What types of music do you like? Is there any particular kind you like to listen to when you're writing?
At the moment I'm listening incessantly to Damien Rice, which is driving my husband mad. He keeps sighing and asking why I have to listen to such depressing music, because The Blower's Daughter keeps making me cry. I don't listen to anything when I'm writing. I need total quiet, which is astounding, given that I spent years working for a newspaper and having to write features surrounded by ringing phones and people shouting.
What are your favorite kinds of books to give -- and get -- as gifts?
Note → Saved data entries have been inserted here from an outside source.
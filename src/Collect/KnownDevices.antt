-- ===== src/Collect/KnownDevices.antt =====
-- The devices that src/c_config/device.rs collects: all have identifiers of known types, so that the
-- evaluation's check of them returns.
use Prim.Native.Nat.{bit_and}
use mathlib.Core.Path.{subst}
use checkc.Base.{
  io_error, ◌==◌, nat_eq, ℕ, ◌≡◌, refl, ◌∙◌, ap, String, Bool, true, false, ◌||◌, Option, none,
  some, List, [], ◌∷◌, ◌++◌, Outcome, ok, err, panic, >>=-elim, ◌⊎◌, inl, inr, if◌then◌else◌,
  Bool-cases, All, Returns,
}
use checkc.Base.Sets.{extend, insert, contains}
use checkc.Config.{range_from}
use checkc.Proto.Device.{DeviceType, char, block, Device, DeviceConfig, device_type_from_i32-to_i32}
use checkc.Evaluation.{dev_whitelist_compliance}
use checkc.Evaluation.Whitelist.{IsDevice, dev_whitelist_compliance-exact}
use checkc.Collect.Devices.{
  Files, Metadata, device_eq, type_try_from, device_of, describe, access, resolve, s_ifmt,
  add_device, from_file, from_metadata, from_dev_file, walk_dev, parse_dev, opens,
}
use checkc.Collect.Mknod.{
  made_device, made, in_temp_dir, try_mknod, try_numbers, try_minors, try_majors, mknod_brute_force,
  device_config,
}

All-append : (xs ys : List Device) → All IsDevice xs → All IsDevice ys → All IsDevice (xs ++ ys)
All-append [] ys h k = k
All-append (x ∷ xs) ys h k = (h.0, All-append xs ys h.1 k)

All-if :
    (b : Bool) (xs ys : List Device)
    → All IsDevice xs
    → All IsDevice ys
    → All IsDevice (if b then xs else ys)
All-if true xs ys h k = h
All-if false xs ys h k = k

All-extend : (xs ys : List Device) → All IsDevice xs → All IsDevice ys → All IsDevice (extend xs ys)
unfolding extend insert
All-extend xs [] h k = h
All-extend xs (y ∷ ys) h k =
    All-extend (insert y xs) ys (All-if (contains xs y) xs (y ∷ xs) h (k.0, h)) k.1

-- The parts of a result, where there is one.
abbrev no_device : Device
no_device = record {
  file = "";
  id = none;
  permissions = 0;
  user = 0;
  group = 0;
  read_access = false;
  write_access = false;
}

module _ {S : Type 0} where
  abbrev device_in : Outcome (Device × S) → Device
  device_in panic = no_device
  device_in (err _) = no_device
  device_in (ok found) = found.0

  abbrev devices_in : Outcome (List Device × S) → List Device
  devices_in panic = []
  devices_in (err _) = []
  devices_in (ok found) = found.0

abbrev dev_in : Outcome DeviceConfig → List Device
dev_in panic = []
dev_in (err _) = []
dev_in (ok config) = config.dev_devices

abbrev mknod_in : Outcome DeviceConfig → List Device
mknod_in panic = []
mknod_in (err _) = []
mknod_in (ok config) = config.mknod_devices

-- A search in a temporary directory that returned.
pub in_temp_dir-ok :
    {S : Type 0} (files : Files S) (search : String → List Device) {devices : List Device}
    → in_temp_dir files search ≡ ok devices
    → (dir : String) × (files.temp_dir ≡ inr dir) × (search dir ≡ devices)
unfolding in_temp_dir
in_temp_dir-ok files search {devices} h = by_dir files.temp_dir files.close_dir h
  where
    by_dir :
        (temp_dir : ℕ ⊎ String) (closed : Option ℕ)
        → elim temp_dir [
          | inl errno ↦ err (io_error errno)
          | inr dir ↦ elim closed [ some errno ↦ err (io_error errno) | none ↦ ok (search dir) ]
        ]
          ≡ ok devices
        → (dir : String) × (temp_dir ≡ inr dir) × (search dir ≡ devices)
    by_dir (inl errno) closed k = absurd (cc k)
    by_dir (inr dir) (some errno) k = absurd (cc k)
    by_dir (inr dir) none k = (dir, refl, cc k)

module _ {S : Type 0} (files : Files S) where
  made_device-IsDevice :
      (path : String) (t : DeviceType) (i j : ℕ) (rights : Bool × Bool)
      → IsDevice (made_device files path t i j rights)
  made_device-IsDevice path t i j rights = (_, t, refl, device_type_from_i32-to_i32 t)

  made-IsDevice :
      (path : String) (t : DeviceType) (i j : ℕ) (o : Option (Option ℕ × Option ℕ))
      → All IsDevice (made files path t i j o)
  unfolding made
  made-IsDevice path t i j none = tt
  made-IsDevice path t i j (some (read, write)) =
      All-if (opens read || opens write) _ []
        (made_device-IsDevice path t i j (opens read, opens write), tt) tt

  try_mknod-IsDevice :
      (path : String) (t : DeviceType) (i j : ℕ) → All IsDevice (try_mknod files path t i j)
  unfolding try_mknod
  try_mknod-IsDevice path t i j = made-IsDevice path t i j (files.mknod t i j)

  try_minors-IsDevice :
      (dir : String) (i : ℕ) (minors : List ℕ) → All IsDevice (try_minors files dir i minors)
  unfolding try_minors try_numbers
  try_minors-IsDevice dir i [] = tt
  try_minors-IsDevice dir i (j ∷ minors) =
      All-append _ _
        (All-append _ _ (try_mknod-IsDevice _ char i j) (try_mknod-IsDevice _ block i j))
        (try_minors-IsDevice dir i minors)

  try_majors-IsDevice :
      (dir : String) (majors : List ℕ) → All IsDevice (try_majors files dir majors)
  unfolding try_majors
  try_majors-IsDevice dir [] = tt
  try_majors-IsDevice dir (i ∷ majors) =
      All-append _ _ (try_minors-IsDevice dir i (range_from 257 0)) (try_majors-IsDevice dir majors)

  mknod_brute_force-IsDevice :
      {devices : List Device} → mknod_brute_force files ≡ ok devices → All IsDevice devices
  unfolding mknod_brute_force
  mknod_brute_force-IsDevice h =
      let (dir, _, same) = in_temp_dir-ok files _ h in
      subst (All IsDevice) same (try_majors-IsDevice dir (range_from 4097 0))

  describe-IsDevice :
      (path : String) (m : Metadata) (s : S) (o : Option DeviceType) {found : Device × S}
      → describe files path m s o ≡ ok found
      → IsDevice found.0
  unfolding describe
  describe-IsDevice path m s none h = absurd (cc h)
  describe-IsDevice path m s (some t) {found} h =
      let same : device_of files path t m (access files path s).0 ≡ found.0 = ap device_in h in
      subst IsDevice same (_, t, refl, device_type_from_i32-to_i32 t)

  from_file-IsDevice :
      (path : String) (s : S) (o : ℕ ⊎ Metadata) {found : Device × S}
      → from_file files path s o ≡ ok found
      → IsDevice found.0
  unfolding from_file from_metadata
  from_file-IsDevice path s (inl errno) h = absurd (cc h)
  from_file-IsDevice path s (inr m) {found} h =
      elim (Bool-cases (bit_and m.st_mode s_ifmt == 0x8000 || bit_and m.st_mode s_ifmt == 0x4000)) [
        | inl y ↦ absurd (cc (h, y))
        | inr n ↦ describe-IsDevice path m s (type_try_from m.st_mode) {found = found} (cc (h, n))
      ]

  add_device-IsDevice :
      (rest : S → Outcome (List Device × S)) (s : S) (o : Outcome (Device × S))
      {found : List Device × S}
      → ((one : Device × S) → o ≡ ok one → IsDevice one.0)
      → ((t : S) (others : List Device × S) → rest t ≡ ok others → All IsDevice others.0)
      → add_device files rest s o ≡ ok found
      → All IsDevice found.0
  unfolding add_device
  add_device-IsDevice rest s panic known all_known h = absurd (cc h)
  add_device-IsDevice rest s (err e) {found} known all_known h = all_known s found h
  add_device-IsDevice rest s (ok (device, s')) {found} known all_known h =
      >>=-elim (rest s') _ h λ others e k.
        let same : device ∷ others.0 ≡ found.0 = ap devices_in k in
        subst (All IsDevice) same (known (device, s') refl, all_known s' others e)

  walk_dev-IsDevice :
      (entries : List (String × Bool)) (s : S) (found : List Device × S)
      → walk_dev files entries s ≡ ok found
      → All IsDevice found.0
  unfolding walk_dev from_dev_file
  walk_dev-IsDevice [] s found h =
      let same : [] ≡ found.0 = ap devices_in h in subst (All IsDevice) same tt
  walk_dev-IsDevice ((path, is_dir) ∷ entries) s found h = elim (Bool-cases is_dir) [
    | inl y ↦ walk_dev-IsDevice entries s found (cc (h, y))
    | inr n ↦
        add_device-IsDevice (walk_dev files entries) s (from_dev_file files path s) {found = found}
          (λ one e.
            >>=-elim (resolve files path) _ e
              λ real i k. from_file-IsDevice real s (files.metadata real s) {found = one} k)
          (λ t others e. walk_dev-IsDevice entries t others e) (cc (h, n))
  ]

  -- Every device that is collected, in /dev or by mknod, has an identifier of a known type.
  pub device_config-IsDevice :
      (s : S) {config : DeviceConfig}
      → device_config files s ≡ ok config
      → All IsDevice config.dev_devices × All IsDevice config.mknod_devices
  unfolding device_config parse_dev
  device_config-IsDevice s {config} h = >>=-elim (parse_dev files s) _ h λ dev i h1.
      >>=-elim (mknod_brute_force files) _ h1 λ mknod j h2.
        >>=-elim (walk_dev files files.entries s) _ i λ found k i1.
          let same : extend [] found.0 ≡ dev.0 = ap devices_in i1 in
          let known = All-extend [] found.0 tt (walk_dev-IsDevice files.entries s found k) in
          (
            subst (All IsDevice) (same ∙ ap dev_in h2) known,
            subst (All IsDevice) (ap mknod_in h2) (mknod_brute_force-IsDevice j),
          )

  -- The evaluation's check of the devices returns on those that were collected in /dev and on those that
  -- mknod made, for any container.
  pub device_config-dev_whitelist_compliance :
      (s : S) (unprivileged : Bool) {config : DeviceConfig}
      → device_config files s ≡ ok config
      → Returns (dev_whitelist_compliance config.dev_devices unprivileged)
        × Returns (dev_whitelist_compliance config.mknod_devices unprivileged)
  device_config-dev_whitelist_compliance s unprivileged {config} h =
      let (dev, mknod) = device_config-IsDevice s h in
      let (a, e, _, _) = dev_whitelist_compliance-exact config.dev_devices unprivileged dev in
      let (b, k, _, _) = dev_whitelist_compliance-exact config.mknod_devices unprivileged mknod in
      ((a, e), (b, k))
I love giving cookery books to true foodies and love receiving gardening books. I will give fiction if I think it's something someone will truly love, but on the whole tend to avoid it. More often than not, I will buy my girlfriends frivolities (I think all women ought to be given jewelry on a regular basis) or lovely things that I know they would not think of buying themselves.
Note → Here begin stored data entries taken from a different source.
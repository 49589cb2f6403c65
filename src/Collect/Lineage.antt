-- ===== src/Collect/Lineage.antt =====
-- `ns_config` and the line of parents of a namespace (src/c_config/ns.rs).
use checkc.Base.{
  ℕ, zero, suc, ◌<◌, ◌≡◌, ◌≢◌, refl, ◌∙◌, sym, ap, not, ◌&&◌, List, [], ◌∷◌, arith, Outcome, ok,
  err, panic, ◌>>=◌, >>=-elim, ◌⊎◌, inl, inr, ◌==◌, nat_eq, pair_eq, Bool-cases,
}
use checkc.Base.Int.{ℤ}
use checkc.Base.Sets.{
  contains, difference, intersection, contains-intersection, contains-difference,
}
use checkc.Proto.Ns.{NsId, NsInfo, NsConfig, NsType, ns_id_eq}
use checkc.Collect.Kernel.{Kernel}
use checkc.Collect.Process.{eperm}
use checkc.Collect.Namespaces.{lineage, ns_config, parse_proc_ns, create_hierarchy, ns_info_eq}

-- The two fields, where there is a result.
abbrev unshared_of : Outcome NsConfig → List NsInfo
unshared_of panic = []
unshared_of (err _) = []
unshared_of (ok config) = config.unshared

abbrev shared_of : Outcome NsConfig → List NsInfo
shared_of panic = []
shared_of (err _) = []
shared_of (ok config) = config.shared_host

module _ (kernel : Kernel) (get_parent : NsId → ℕ ⊎ NsId) where
  -- Of the namespaces of a container, the configuration holds as unshared those that the host's init
  -- process is not in, and as shared those that it is in.
  pub ns_config-exact :
      (fuel : ℕ) (init_pid c_init_pid : ℤ) {config : NsConfig} {host container : List NsInfo}
      → ns_config kernel get_parent fuel init_pid c_init_pid ≡ ok config
      → parse_proc_ns kernel get_parent init_pid ≡ ok host
      → parse_proc_ns kernel get_parent c_init_pid ≡ ok container
      → (ns : NsInfo)
      → (contains config.unshared ns ≡ (contains container ns && not (contains host ns)))
        × (contains config.shared_host ns ≡ (contains container ns && contains host ns))
  unfolding ns_config
  ns_config-exact fuel init_pid c_init_pid {config} {host} {container} h a b ns =
      >>=-elim (parse_proc_ns kernel get_parent init_pid) _ h λ host' i h1.
        >>=-elim (parse_proc_ns kernel get_parent c_init_pid) _ h1 λ container' j h2.
          >>=-elim (create_hierarchy kernel get_parent fuel NsType.user) _ h2 λ user_hierarchy k h3.
            >>=-elim (create_hierarchy kernel get_parent fuel NsType.pid) _ h3 λ pid_hierarchy l h4.
              let same_host : host' ≡ host = cc (i, a) in
              let same_container : container' ≡ container = cc (j, b) in
              let unshared : difference container' host' ≡ config.unshared = ap unshared_of h4 in
              let shared : intersection container' host' ≡ config.shared_host = ap shared_of h4 in
              (
                sym (ap (λ xs. contains xs ns) unshared)
                    ∙ rw (same_host, same_container)
                        (ground (arith, contains-difference container host ns)),
                sym (ap (λ xs. contains xs ns) shared)
                    ∙ rw (same_host, same_container)
                        (ground (arith, contains-intersection container host ns)),
              )

  -- Where a rank falls from every namespace to its parent, the rank is fuel enough for the line of
  -- parents: it does not panic.
  pub lineage_ends :
      (rank : NsId → ℕ)
      → ((id parent_id : NsId) → get_parent id ≡ inr parent_id → rank parent_id < rank id)
      → (fuel : ℕ) (id : NsId) → rank id < fuel
      → lineage kernel get_parent fuel id ≢ panic
  unfolding lineage
  lineage_ends rank falls zero id h = absurd (omega arith)
  lineage_ends rank falls (suc fuel) id h =
      by_parent (get_parent id) refl (λ parent_id e.
        lineage_ends rank falls fuel parent_id (omega (arith, falls id parent_id e)))
    where
      no_panic :
          (parent_id : NsId) (rest : Outcome (List (NsId × NsId)))
          → rest ≢ panic
          → (rest >>= λ pairs. ok ((parent_id, id) ∷ pairs)) ≢ panic
      no_panic parent_id panic n e = n refl
      no_panic parent_id (err x) n e = cc e
      no_panic parent_id (ok x) n e = cc e

      by_parent :
          (o : ℕ ⊎ NsId)
          → get_parent id ≡ o
          → ((parent_id : NsId)
              → get_parent id ≡ inr parent_id
              → lineage kernel get_parent fuel parent_id ≢ panic)
          → lineage kernel get_parent (suc fuel) id ≢ panic
      by_parent (inl errno) e later p = elim (Bool-cases (errno == eperm)) [
        | inl y ↦ cc (p, e, y)
        | inr y ↦ cc (p, e, y)
      ]
      by_parent (inr parent_id) e later p =
          no_panic parent_id (lineage kernel get_parent fuel parent_id) (later parent_id e)
            (cc (p, e))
Do you have any special writing rituals? For example, what do you have on your desk when you're writing?
I work from my local library now because I find the Internet far too much of a distraction. I can happily spend hours buying things I neither want nor need, so instead I take my laptop to the library, pick up a skim latte en route, take my place at the big table by the window, remove my watch, and off I go. I love getting out the house because writing is such a solitary business that even being at the library makes me feel part of the world.
Many writers are hardly "overnight success" stories. How long did it take for you to get where you are today? Any rejection-slip horror stories or inspirational anecdotes?
I was enormously blessed in being one of those "overnight success" stories. I did send the first few chapters of my first book -- Straight Talking -- to one agent and then received a letter from a woman I later found out was his secretary, saying my character was immature, the plot unbelievable, and the book was "frankly, unpublishable." I sank into a deep depression for a few weeks before pulling myself together and sending those same chapters to another 13 literary agents. Within a week, 9 had come back saying they loved it, and within the month there was a bidding war between the top U.K. publishers. So my advice would be: persevere!
What tips or advice do you have for writers still looking to be discovered?
I would say start with writing something you know. I'll never forget someone I know approaching me with his novel about a male P.I. set in South Central L.A. Given that this was written by an English record producer living in North London, it was hardly surprising that it lacked a certain credibility.
"If I had one wish in all the world, I wouldn't wish to win the lottery. Nor would I wish for true love. No, if I had one wish I would wish to have a model's figure, probably Cindy Crawford's, and I would extend that wish into having and keeping a model's figure, no matter what I eat."
Jemima Jones is overweight. About 98 pounds overweight. Treated like a maid by her thin social-climbing roommates, and lorded over by the beautiful Geraldine (less talented but better paid) at the Kilburn Herald, Jemima's only consolation is food. Add to this her passion for her charming, sexy, and unobtainable colleague Ben, and Jemima knows her life is in need of a serious change. When she meets Brad, an eligible California hunk, over the Internet, Jemima has the perfect opportunity to reinvent herself--as JJ, the slim, beautiful, gym-obsessed glamour girl of her dreams. But when her long-distance Romeo demands that they meet, she must conquer her food addiction to become the bone-thin model of her e-mails-- no small feat.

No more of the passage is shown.